🤖 AI Summary
This work addresses two key bottlenecks in fully homomorphic encryption (FHE)-based inference for deep CNNs: the computational inefficiency of homomorphically evaluating nonlinear activation functions (e.g., ReLU, SiLU), and the ciphertext capacity constraint that hinders high-resolution image processing. To overcome these, we propose a synergistic optimization framework combining single-stage fine-tuning (SFT) and generalized interleaved packing (GIP). Our approach employs low-degree polynomial approximations to precisely emulate activations and designs dedicated homomorphic operators accordingly. This enables, for the first time, end-to-end FHE-based object detection using the YOLO architecture—supporting arbitrary-resolution feature maps. Evaluated on CIFAR-10, ImageNet, and MS COCO, our method achieves accuracy comparable to plaintext baselines while significantly improving FHE inference efficiency and practicality. The proposed framework establishes a scalable new paradigm for privacy-preserving visual computing.
📝 Abstract
We address two fundamental challenges in adapting general deep CNNs for FHE-based inference: approximating non-linear activations such as ReLU with low-degree polynomials while minimizing accuracy degradation, and overcoming the ciphertext capacity barrier that constrains high-resolution image processing on FHE inference. Our contributions are twofold: (1) a single-stage fine-tuning (SFT) strategy that directly converts pre-trained CNNs into FHE-friendly forms using low-degree polynomials, achieving competitive accuracy with minimal training overhead; and (2) a generalized interleaved packing (GIP) scheme that is compatible with feature maps of virtually arbitrary spatial resolutions, accompanied by a suite of carefully designed homomorphic operators that preserve the GIP-form encryption throughout computation.
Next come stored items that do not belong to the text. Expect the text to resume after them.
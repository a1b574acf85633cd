-- ===== src/TypeMemory.antt =====
-- ui/src/typeMemory.ts: the values that were seen on the fields of messages. A number is held as the
-- text that `String(value)` gives. The keys of values and of type names have different prefixes, so
-- an entry under one is never read as the other; any other entry reads as an empty one.
pub mod Bounds
pub mod Recall
use kaja.Prelude.{
  ℕ, zero, suc, ◌+◌, ◌-◌, ◌*◌, String, Bool, true, false, not, ◌&&◌, ◌||◌, Option, none, some, List,
  [], ◌∷◌, ◌++◌, any, filter, leb, ltb, length, take, if◌then◌else◌, ◌==◌,
}
use kaja.Prelude.Text.{decimal, is_prefix, ◌+++◌}
use kaja.Prelude.Dict
use kaja.Prelude.Dict.{Dict}

abbrev pub max_values_per_field : ℕ
max_values_per_field = 5

abbrev pub max_types_per_name : ℕ
max_types_per_name = 10

abbrev pub max_keys : ℕ
max_keys = 400

pub data ScalarValue : Type 0 where
  str num : String → ScalarValue
  bool : Bool → ScalarValue

-- `===`: NaN is not even itself.
abbrev pub same_value : ScalarValue → ScalarValue → Bool
same_value (ScalarValue.str a) (ScalarValue.str b) = a == b
same_value (ScalarValue.num a) (ScalarValue.num b) = a == b && not (a == "NaN")
same_value (ScalarValue.bool true) (ScalarValue.bool b) = b
same_value (ScalarValue.bool false) (ScalarValue.bool b) = not b
same_value _ _ = false

pub data ValueOrigin : Type 0 where
  request response : ValueOrigin

pub record RememberedValue : Type 0 where
  pub value : ScalarValue
  pub type_name : String
  pub field_name : String
  pub method : String
  pub origin : ValueOrigin
  pub t : ℕ

pub record StoredEntry {ℓ} (T : Type ℓ) : Type ℓ where
  pub t : ℕ
  pub v : List T

pub data MemoryEntry : Type 0 where
  values : StoredEntry RememberedValue → MemoryEntry
  type_names : StoredEntry String → MemoryEntry
  unreadable : MemoryEntry

abbrev pub Memory : Type 0
Memory = Dict MemoryEntry

abbrev pub field_key : String → String → String
field_key type_name field_name = "field:" +++ type_name +++ ":" +++ field_name

-- A scalar type is the number of its enumeration.
abbrev pub name_key : String → ℕ → String
name_key field_name scalar_type = "name:" +++ decimal scalar_type +++ ":" +++ field_name

abbrev pub values_in : Option MemoryEntry → StoredEntry RememberedValue
values_in (some (MemoryEntry.values entry)) = entry
values_in _ = record { t = 0; v = [] }

abbrev pub type_names_in : Option MemoryEntry → StoredEntry String
type_names_in (some (MemoryEntry.type_names entry)) = entry
type_names_in _ = record { t = 0; v = [] }

unfoldable pub promote {ℓ} : {T : Type ℓ} → StoredEntry T → T → ℕ → (T → Bool) → ℕ → StoredEntry T
promote entry value limit matches now = record {
  t = now;
  v = take limit (value ∷ filter (λ candidate. not (matches candidate)) entry.v);
}

abbrev pub entry_time : MemoryEntry → ℕ
entry_time (MemoryEntry.values entry) = entry.t
entry_time (MemoryEntry.type_names entry) = entry.t
entry_time MemoryEntry.unreadable = 0

-- The sort is stable, the oldest first.
unfoldable pub insert_oldest : String × MemoryEntry → Memory → Memory
insert_oldest entry [] = entry ∷ []
insert_oldest entry (other ∷ entries) =
    let rest = insert_oldest entry entries in
    if leb (entry_time entry.1) (entry_time other.1) then entry ∷ other ∷ entries else other ∷ rest

unfoldable pub oldest_first : Memory → Memory
unfolding insert_oldest
oldest_first [] = []
oldest_first (entry ∷ entries) = insert_oldest entry (oldest_first entries)

unfoldable pub delete_all : Memory → Memory → Memory
delete_all [] memory = memory
delete_all ((key, entry) ∷ entries) memory = delete_all entries (Dict.remove key memory)

unfoldable pub evict_old_keys : Memory → Memory
unfolding delete_all oldest_first
evict_old_keys memory =
    if leb (length memory) (max_keys * 2)
    then memory
    else delete_all (take (length memory - max_keys) (oldest_first memory)) memory

pub record ValueSource : Type 0 where
  pub method : String
  pub origin : ValueOrigin

abbrev pub remembered : String → String → ScalarValue → ValueSource → ℕ → RememberedValue
remembered type_name field_name value source now = record {
  value = value;
  type_name = type_name;
  field_name = field_name;
  method = source.method;
  origin = source.origin;
  t = now;
}

unfoldable pub value_entry : RememberedValue → ℕ → Option MemoryEntry → MemoryEntry
unfolding promote
value_entry seen now entry = MemoryEntry.values (
    promote (values_in entry) seen max_values_per_field
      (λ (candidate : RememberedValue). same_value candidate.value seen.value) now)

unfoldable pub remember_value : RememberedValue → ℕ → Memory → Memory
unfolding value_entry
remember_value seen now memory =
    let key = field_key seen.type_name seen.field_name in
    Dict.insert key (value_entry seen now (Dict.lookup key memory)) memory

unfoldable pub type_entry : String → ℕ → Option MemoryEntry → MemoryEntry
unfolding promote
type_entry type_name now entry = MemoryEntry.type_names (
    promote (type_names_in entry) type_name max_types_per_name (λ candidate. candidate == type_name)
      now)

unfoldable pub remember_type : String → String → Option ℕ → ℕ → Memory → Memory
unfolding type_entry
remember_type type_name field_name none now memory = memory
remember_type type_name field_name (some scalar_type) now memory =
    let key = name_key field_name scalar_type in
    Dict.insert key (type_entry type_name now (Dict.lookup key memory)) memory

-- `remember` on a scalar; anything else is left alone.
unfoldable pub remember :
    String → String → ScalarValue → Option ℕ → ValueSource → ℕ → Memory → Memory
unfolding remember_value remember_type evict_old_keys
remember type_name field_name value scalar_type source now memory = evict_old_keys (
    remember_type type_name field_name scalar_type now
      (remember_value (remembered type_name field_name value source now) now memory))

unfoldable pub insert_newest : RememberedValue → List RememberedValue → List RememberedValue
insert_newest seen [] = seen ∷ []
insert_newest seen (other ∷ rest) =
    let more = insert_newest seen rest in
    if leb other.t seen.t then seen ∷ other ∷ rest else other ∷ more

unfoldable pub newest_first : List RememberedValue → List RememberedValue
unfolding insert_newest
newest_first [] = []
newest_first (seen ∷ rest) = insert_newest seen (newest_first rest)

abbrev pub values_of : List String → String → String → Memory → List RememberedValue
values_of [] type_name field_name memory = []
values_of (other ∷ others) type_name field_name memory =
    let rest = values_of others type_name field_name memory in
    if other == type_name
    then rest
    else (values_in (Dict.lookup (field_key other field_name) memory)).v ++ rest

unfoldable pub related : Option ℕ → String → String → Memory → List RememberedValue
unfolding newest_first
related none type_name field_name memory = []
related (some scalar_type) type_name field_name memory = newest_first (
    values_of (type_names_in (Dict.lookup (name_key field_name scalar_type) memory)).v type_name
      field_name memory)

abbrev pub bool_text : Bool → String
bool_text true = "true"
bool_text false = "false"

-- `typeof value + ":" + String(value)`
abbrev pub seen_key : ScalarValue → String
seen_key (ScalarValue.str text) = "string:" +++ text
seen_key (ScalarValue.num text) = "number:" +++ text
seen_key (ScalarValue.bool b) = "boolean:" +++ bool_text b

unfoldable pub distinct_values : List String → List RememberedValue → List RememberedValue
distinct_values seen [] = []
distinct_values seen (value ∷ others) =
    let key = seen_key value.value in
    let rest = distinct_values seen others in
    let more = distinct_values (key ∷ seen) others in
    if any (λ other. other == key) seen then rest else value ∷ more

unfoldable pub recall_values : String → String → Option ℕ → Memory → List RememberedValue
unfolding distinct_values related
recall_values type_name field_name scalar_type memory = distinct_values [] (
    (values_in (Dict.lookup (field_key type_name field_name) memory)).v
    ++ related scalar_type type_name field_name memory)

-- What an earlier layout left behind goes.
unfoldable pub prune_type_memory : Memory → Memory
prune_type_memory [] = []
prune_type_memory ((key, entry) ∷ memory) =
    let rest = prune_type_memory memory in
    if not (is_prefix "field:" key) && not (is_prefix "name:" key)
    then rest
    else (key, entry) ∷ rest
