-- ===== src/TypeMemory/Bounds.antt =====
-- ui/src/typeMemory.ts: the sizes of what is remembered.
use kaja.Prelude.{
  ℕ, ◌-◌, ◌≤◌, ◌≡◌, refl, String, Bool, true, not, Option, none, some, List, [], ◌∷◌, arith, all,
  filter, leb, length, length-take, take, ◌==◌,
}
use kaja.Prelude.Dict
use kaja.Prelude.Dict.{Dict, length-remove-le}
use kaja.TypeMemory.{
  Memory, MemoryEntry, ScalarValue, ValueSource, RememberedValue, StoredEntry, promote, value_entry,
  type_entry, values_in, type_names_in, remember, remember_value, remember_type, remembered,
  evict_old_keys, delete_all, oldest_first, field_key, name_key, same_value,
}

-- An entry keeps no more than its limit.
abbrev pub is_small : String × MemoryEntry → Bool
is_small (key, MemoryEntry.values entry) = leb (length entry.v) 5
is_small (key, MemoryEntry.type_names entry) = leb (length entry.v) 10
is_small (key, MemoryEntry.unreadable) = true

small-insert :
    (key : String) (entry : MemoryEntry) (memory : Memory)
    → is_small (key, entry) ≡ true
    → all is_small memory ≡ true
    → all is_small (Dict.insert key entry memory) ≡ true
small-insert key entry [] h h' = ground (arith, h)
small-insert key entry ((other, first) ∷ memory) h h' =
    ground (arith, h, h', small-insert key entry memory)

small-remove :
    (key : String) (memory : Memory)
    → all is_small memory ≡ true
    → all is_small (Dict.remove key memory) ≡ true
small-remove key [] h = refl
small-remove key ((other, first) ∷ memory) h = ground (arith, h, small-remove key memory)

small-delete_all :
    (gone memory : Memory)
    → all is_small memory ≡ true
    → all is_small (delete_all gone memory) ≡ true
unfolding delete_all
small-delete_all [] memory h = h
small-delete_all ((key, entry) ∷ gone) memory h =
    small-delete_all gone (Dict.remove key memory) (small-remove key memory h)

-- What a run of the program remembers, in order.
pub record Seen : Type 0 where
  pub type_name : String
  pub field_name : String
  pub value : ScalarValue
  pub scalar_type : Option ℕ
  pub source : ValueSource
  pub now : ℕ

unfoldable pub remember_all : List Seen → Memory → Memory
unfolding remember
remember_all [] memory = memory
remember_all (s ∷ seen) memory =
    remember_all seen
      (remember s.type_name s.field_name s.value s.scalar_type s.source s.now memory)

length-promote {ℓ} :
    {T : Type ℓ} (entry : StoredEntry T) (value : T) (limit : ℕ) (matches : T → Bool) (now : ℕ)
    → length (promote entry value limit matches now).v ≤ limit
unfolding promote
length-promote entry value limit matches now =
    omega (arith, length-take limit (value ∷ filter (λ candidate. not (matches candidate)) entry.v))

small-remember_value :
    (seen : RememberedValue) (now : ℕ) (memory : Memory)
    → all is_small memory ≡ true
    → all is_small (remember_value seen now memory) ≡ true
unfolding remember_value value_entry
small-remember_value seen now memory h =
    let key = field_key seen.type_name seen.field_name in
    small-insert key (value_entry seen now (Dict.lookup key memory)) memory
      (ground (
        arith,
        length-promote (values_in (Dict.lookup key memory)) seen 5
            (λ (candidate : RememberedValue). same_value candidate.value seen.value) now,
      ))
      h

small-remember_type :
    (type_name field_name : String) (scalar_type : Option ℕ) (now : ℕ) (memory : Memory)
    → all is_small memory ≡ true
    → all is_small (remember_type type_name field_name scalar_type now memory) ≡ true
unfolding remember_type type_entry
small-remember_type type_name field_name none now memory h = h
small-remember_type type_name field_name (some scalar_type) now memory h =
    let key = name_key field_name scalar_type in
    small-insert key (type_entry type_name now (Dict.lookup key memory)) memory
      (ground (
        arith,
        length-promote (type_names_in (Dict.lookup key memory)) type_name 10
            (λ candidate. candidate == type_name) now,
      ))
      h

small-evict_old_keys :
    (memory : Memory) → all is_small memory ≡ true → all is_small (evict_old_keys memory) ≡ true
unfolding evict_old_keys
small-evict_old_keys memory h =
    ground (arith, h, small-delete_all (take (length memory - 400) (oldest_first memory)) memory h)

-- However much is remembered, and whatever is let go in between: no field has more than five values,
-- and no name more than ten types.
pub small-remember_all :
    (seen : List Seen) (memory : Memory)
    → all is_small memory ≡ true
    → all is_small (remember_all seen memory) ≡ true
unfolding remember_all remember
small-remember_all [] memory h = h
small-remember_all (s ∷ seen) memory h =
    let value = remembered s.type_name s.field_name s.value s.source s.now in
    let first = remember_value value s.now memory in
    let both = remember_type s.type_name s.field_name s.scalar_type s.now first in
    small-remember_all seen (evict_old_keys both) (
      small-evict_old_keys both (
        small-remember_type s.type_name s.field_name s.scalar_type s.now first
          (small-remember_value value s.now memory h)))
These advances enable efficient, end-to-end FHE inference across diverse CNN architectures. Experiments on CIFAR-10, ImageNet, and MS COCO demonstrate that the FHE-friendly CNNs obtained via our SFT strategy achieve accuracy comparable to baselines using ReLU or SiLU activations. Moreover, this work presents the first demonstration of FHE-based inference for YOLO architectures in object detection leveraging low-degree polynomial activations.